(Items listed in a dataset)
===

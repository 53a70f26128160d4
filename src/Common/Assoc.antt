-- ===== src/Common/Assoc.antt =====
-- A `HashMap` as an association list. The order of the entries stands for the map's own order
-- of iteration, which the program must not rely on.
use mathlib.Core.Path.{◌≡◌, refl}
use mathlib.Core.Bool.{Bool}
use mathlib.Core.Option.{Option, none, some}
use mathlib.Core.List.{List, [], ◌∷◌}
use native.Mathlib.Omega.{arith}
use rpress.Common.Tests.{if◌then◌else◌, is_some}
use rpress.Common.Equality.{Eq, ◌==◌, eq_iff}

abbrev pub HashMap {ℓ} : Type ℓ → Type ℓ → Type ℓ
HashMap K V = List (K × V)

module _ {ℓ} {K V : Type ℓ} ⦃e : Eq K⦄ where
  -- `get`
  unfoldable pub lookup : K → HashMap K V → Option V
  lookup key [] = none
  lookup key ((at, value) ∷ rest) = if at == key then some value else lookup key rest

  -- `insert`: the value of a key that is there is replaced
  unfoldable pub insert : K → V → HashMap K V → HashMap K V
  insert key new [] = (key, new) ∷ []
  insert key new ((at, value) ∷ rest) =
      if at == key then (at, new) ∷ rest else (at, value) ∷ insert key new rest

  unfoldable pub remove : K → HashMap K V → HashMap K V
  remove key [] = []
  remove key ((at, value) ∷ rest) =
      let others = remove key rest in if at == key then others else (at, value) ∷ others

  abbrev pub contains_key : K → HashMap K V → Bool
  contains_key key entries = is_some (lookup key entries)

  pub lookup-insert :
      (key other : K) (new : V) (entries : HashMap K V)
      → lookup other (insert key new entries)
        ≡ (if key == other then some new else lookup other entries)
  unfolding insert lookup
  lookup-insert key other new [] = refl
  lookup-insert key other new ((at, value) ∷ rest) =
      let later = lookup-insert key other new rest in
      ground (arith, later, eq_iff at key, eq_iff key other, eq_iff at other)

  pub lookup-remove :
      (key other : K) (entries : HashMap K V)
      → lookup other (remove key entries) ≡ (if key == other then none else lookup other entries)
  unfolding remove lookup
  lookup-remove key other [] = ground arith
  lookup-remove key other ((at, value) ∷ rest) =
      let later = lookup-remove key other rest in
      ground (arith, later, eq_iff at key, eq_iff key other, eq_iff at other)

===

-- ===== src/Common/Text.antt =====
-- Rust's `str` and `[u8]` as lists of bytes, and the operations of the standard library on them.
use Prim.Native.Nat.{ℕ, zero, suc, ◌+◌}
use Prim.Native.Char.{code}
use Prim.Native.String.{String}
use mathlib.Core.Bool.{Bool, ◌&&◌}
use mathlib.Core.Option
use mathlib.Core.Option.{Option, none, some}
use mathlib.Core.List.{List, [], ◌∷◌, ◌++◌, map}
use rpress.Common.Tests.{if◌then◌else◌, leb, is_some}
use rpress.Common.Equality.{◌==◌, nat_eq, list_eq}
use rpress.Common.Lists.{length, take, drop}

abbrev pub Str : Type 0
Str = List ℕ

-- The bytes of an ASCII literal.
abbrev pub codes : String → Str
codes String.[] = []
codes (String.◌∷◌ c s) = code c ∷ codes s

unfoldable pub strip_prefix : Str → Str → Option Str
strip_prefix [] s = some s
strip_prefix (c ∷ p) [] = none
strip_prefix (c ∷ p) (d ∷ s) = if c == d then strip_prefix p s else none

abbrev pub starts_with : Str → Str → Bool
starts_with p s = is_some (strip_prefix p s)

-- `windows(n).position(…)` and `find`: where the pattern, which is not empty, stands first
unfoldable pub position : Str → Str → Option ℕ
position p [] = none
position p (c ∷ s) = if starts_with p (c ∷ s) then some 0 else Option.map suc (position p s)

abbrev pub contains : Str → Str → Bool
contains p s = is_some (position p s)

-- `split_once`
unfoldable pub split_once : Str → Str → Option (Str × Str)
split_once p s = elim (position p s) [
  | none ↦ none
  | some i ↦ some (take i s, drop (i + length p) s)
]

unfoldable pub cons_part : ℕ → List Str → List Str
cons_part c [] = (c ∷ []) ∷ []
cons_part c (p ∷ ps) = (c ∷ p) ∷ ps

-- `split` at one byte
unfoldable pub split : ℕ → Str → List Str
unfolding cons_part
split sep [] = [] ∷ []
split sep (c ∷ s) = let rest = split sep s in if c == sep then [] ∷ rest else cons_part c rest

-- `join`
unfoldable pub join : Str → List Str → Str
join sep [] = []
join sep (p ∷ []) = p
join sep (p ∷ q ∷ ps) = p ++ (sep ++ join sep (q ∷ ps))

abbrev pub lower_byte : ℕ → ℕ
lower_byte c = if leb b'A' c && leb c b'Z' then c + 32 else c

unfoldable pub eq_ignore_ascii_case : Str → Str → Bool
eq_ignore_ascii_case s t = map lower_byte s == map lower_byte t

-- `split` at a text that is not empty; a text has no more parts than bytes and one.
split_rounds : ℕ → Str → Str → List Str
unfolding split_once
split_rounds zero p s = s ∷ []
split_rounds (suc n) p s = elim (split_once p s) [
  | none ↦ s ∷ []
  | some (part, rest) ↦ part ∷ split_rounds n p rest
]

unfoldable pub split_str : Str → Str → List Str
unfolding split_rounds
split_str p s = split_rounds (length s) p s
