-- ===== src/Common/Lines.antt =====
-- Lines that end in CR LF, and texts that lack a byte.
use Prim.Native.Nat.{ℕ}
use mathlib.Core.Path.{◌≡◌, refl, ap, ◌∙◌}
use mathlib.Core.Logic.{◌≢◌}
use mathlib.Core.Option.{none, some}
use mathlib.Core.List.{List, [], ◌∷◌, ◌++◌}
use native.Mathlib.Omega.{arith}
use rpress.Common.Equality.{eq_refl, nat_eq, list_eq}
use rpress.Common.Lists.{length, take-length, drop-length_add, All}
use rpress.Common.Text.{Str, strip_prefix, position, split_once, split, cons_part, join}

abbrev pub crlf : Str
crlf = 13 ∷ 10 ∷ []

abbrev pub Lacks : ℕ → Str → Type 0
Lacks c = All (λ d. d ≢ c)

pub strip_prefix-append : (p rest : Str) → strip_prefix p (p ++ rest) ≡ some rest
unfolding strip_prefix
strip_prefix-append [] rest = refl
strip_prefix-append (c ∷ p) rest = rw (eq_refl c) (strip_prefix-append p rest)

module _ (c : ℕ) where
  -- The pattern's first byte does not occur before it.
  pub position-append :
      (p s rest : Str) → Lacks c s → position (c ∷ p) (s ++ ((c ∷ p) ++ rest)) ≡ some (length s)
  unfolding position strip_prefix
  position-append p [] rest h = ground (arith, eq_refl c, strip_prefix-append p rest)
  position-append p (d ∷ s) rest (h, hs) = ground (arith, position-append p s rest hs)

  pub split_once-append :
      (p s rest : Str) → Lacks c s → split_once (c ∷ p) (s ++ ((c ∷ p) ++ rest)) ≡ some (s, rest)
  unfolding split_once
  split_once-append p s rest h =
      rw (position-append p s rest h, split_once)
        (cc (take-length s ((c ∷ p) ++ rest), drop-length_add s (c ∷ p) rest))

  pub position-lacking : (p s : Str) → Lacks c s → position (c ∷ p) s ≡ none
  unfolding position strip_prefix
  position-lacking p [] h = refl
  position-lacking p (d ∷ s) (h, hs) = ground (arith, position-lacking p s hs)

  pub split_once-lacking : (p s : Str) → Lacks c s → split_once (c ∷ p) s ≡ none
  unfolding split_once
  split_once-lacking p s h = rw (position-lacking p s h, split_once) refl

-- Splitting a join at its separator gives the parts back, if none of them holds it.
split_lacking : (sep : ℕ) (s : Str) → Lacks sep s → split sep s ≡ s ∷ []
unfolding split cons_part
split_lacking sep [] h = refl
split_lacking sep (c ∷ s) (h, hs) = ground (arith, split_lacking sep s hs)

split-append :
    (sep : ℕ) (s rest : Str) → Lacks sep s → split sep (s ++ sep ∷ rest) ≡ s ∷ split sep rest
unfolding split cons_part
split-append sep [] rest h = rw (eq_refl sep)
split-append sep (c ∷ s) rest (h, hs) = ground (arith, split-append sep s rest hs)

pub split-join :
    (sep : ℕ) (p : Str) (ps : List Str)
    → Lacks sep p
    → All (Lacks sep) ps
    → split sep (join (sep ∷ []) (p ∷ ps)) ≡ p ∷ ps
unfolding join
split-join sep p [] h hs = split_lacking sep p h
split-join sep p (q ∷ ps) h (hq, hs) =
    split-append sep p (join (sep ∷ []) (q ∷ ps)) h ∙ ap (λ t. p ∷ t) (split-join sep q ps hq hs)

===

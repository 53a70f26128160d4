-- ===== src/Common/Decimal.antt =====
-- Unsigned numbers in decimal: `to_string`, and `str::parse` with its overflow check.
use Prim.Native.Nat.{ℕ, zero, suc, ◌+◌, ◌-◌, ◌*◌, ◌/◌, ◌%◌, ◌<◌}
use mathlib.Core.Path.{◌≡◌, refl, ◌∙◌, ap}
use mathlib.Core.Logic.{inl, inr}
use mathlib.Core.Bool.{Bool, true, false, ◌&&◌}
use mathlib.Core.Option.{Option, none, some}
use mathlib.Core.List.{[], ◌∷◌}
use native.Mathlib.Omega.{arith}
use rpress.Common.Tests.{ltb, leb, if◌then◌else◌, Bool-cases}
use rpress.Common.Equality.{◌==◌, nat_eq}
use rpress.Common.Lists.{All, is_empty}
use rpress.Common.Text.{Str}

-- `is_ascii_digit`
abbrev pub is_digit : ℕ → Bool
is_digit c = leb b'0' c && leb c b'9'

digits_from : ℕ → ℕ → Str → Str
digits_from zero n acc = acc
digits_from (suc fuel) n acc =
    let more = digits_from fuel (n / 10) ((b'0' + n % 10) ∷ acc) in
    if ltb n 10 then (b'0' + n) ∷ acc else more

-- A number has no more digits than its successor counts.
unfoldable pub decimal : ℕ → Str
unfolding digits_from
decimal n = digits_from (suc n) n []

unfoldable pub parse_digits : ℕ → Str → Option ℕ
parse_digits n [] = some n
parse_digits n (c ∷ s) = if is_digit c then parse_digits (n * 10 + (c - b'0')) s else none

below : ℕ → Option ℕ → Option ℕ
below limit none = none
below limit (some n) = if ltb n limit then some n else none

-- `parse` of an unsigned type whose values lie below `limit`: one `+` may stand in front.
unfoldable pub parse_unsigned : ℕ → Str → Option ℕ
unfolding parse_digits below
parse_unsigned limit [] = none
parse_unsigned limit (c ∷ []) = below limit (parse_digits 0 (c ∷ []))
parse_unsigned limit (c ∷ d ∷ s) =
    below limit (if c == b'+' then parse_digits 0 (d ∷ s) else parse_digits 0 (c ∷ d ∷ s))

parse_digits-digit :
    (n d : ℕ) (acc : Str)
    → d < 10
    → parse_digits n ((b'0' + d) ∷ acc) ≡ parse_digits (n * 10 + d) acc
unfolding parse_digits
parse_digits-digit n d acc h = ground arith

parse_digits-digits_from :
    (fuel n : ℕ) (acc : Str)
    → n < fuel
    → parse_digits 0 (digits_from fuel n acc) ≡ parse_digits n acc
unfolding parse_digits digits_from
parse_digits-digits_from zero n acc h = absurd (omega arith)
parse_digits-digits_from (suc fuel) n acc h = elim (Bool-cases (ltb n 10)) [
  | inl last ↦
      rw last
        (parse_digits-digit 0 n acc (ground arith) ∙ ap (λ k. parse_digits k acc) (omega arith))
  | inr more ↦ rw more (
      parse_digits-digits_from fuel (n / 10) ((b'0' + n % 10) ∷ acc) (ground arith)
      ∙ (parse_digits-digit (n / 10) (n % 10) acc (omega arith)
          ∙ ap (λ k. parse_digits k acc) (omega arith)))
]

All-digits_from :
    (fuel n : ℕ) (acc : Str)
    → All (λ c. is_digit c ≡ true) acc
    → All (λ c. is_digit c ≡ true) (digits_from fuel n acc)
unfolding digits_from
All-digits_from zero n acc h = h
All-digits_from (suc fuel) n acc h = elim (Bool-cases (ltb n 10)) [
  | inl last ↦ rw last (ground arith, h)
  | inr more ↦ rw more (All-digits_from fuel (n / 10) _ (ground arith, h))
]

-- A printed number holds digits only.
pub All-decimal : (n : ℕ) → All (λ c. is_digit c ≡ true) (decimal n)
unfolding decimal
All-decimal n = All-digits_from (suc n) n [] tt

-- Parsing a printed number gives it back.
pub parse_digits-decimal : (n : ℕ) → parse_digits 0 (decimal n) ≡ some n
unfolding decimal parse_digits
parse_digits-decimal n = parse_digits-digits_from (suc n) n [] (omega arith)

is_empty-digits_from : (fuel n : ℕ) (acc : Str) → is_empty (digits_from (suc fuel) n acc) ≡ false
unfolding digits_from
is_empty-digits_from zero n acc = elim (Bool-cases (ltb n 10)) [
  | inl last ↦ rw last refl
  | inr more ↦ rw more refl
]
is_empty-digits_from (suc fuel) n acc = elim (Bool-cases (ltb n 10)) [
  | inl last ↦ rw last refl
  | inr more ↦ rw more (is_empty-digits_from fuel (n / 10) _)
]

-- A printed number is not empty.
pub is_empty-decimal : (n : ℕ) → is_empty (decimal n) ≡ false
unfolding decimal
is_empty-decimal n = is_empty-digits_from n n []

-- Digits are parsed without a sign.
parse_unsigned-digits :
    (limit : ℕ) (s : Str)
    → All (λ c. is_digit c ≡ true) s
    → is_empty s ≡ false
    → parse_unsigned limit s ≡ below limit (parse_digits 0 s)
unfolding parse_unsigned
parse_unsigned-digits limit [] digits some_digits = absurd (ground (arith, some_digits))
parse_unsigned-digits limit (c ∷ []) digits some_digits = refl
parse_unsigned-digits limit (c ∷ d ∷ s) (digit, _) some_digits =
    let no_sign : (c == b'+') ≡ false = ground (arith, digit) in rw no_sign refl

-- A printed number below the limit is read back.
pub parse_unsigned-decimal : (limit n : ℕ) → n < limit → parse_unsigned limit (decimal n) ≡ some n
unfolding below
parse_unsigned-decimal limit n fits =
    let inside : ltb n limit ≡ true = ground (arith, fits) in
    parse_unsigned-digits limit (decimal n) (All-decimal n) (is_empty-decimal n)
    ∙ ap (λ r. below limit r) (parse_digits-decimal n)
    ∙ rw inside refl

===

Work instructions
Filter the preceding entries down to the lines with "antt".

Completed exercise
filename src/Common/Assoc.antt
-- ===== src/Common/Assoc.antt =====
-- ===== src/Common/Text.antt =====
-- ===== src/Common/Lines.antt =====
-- ===== src/Common/Decimal.antt =====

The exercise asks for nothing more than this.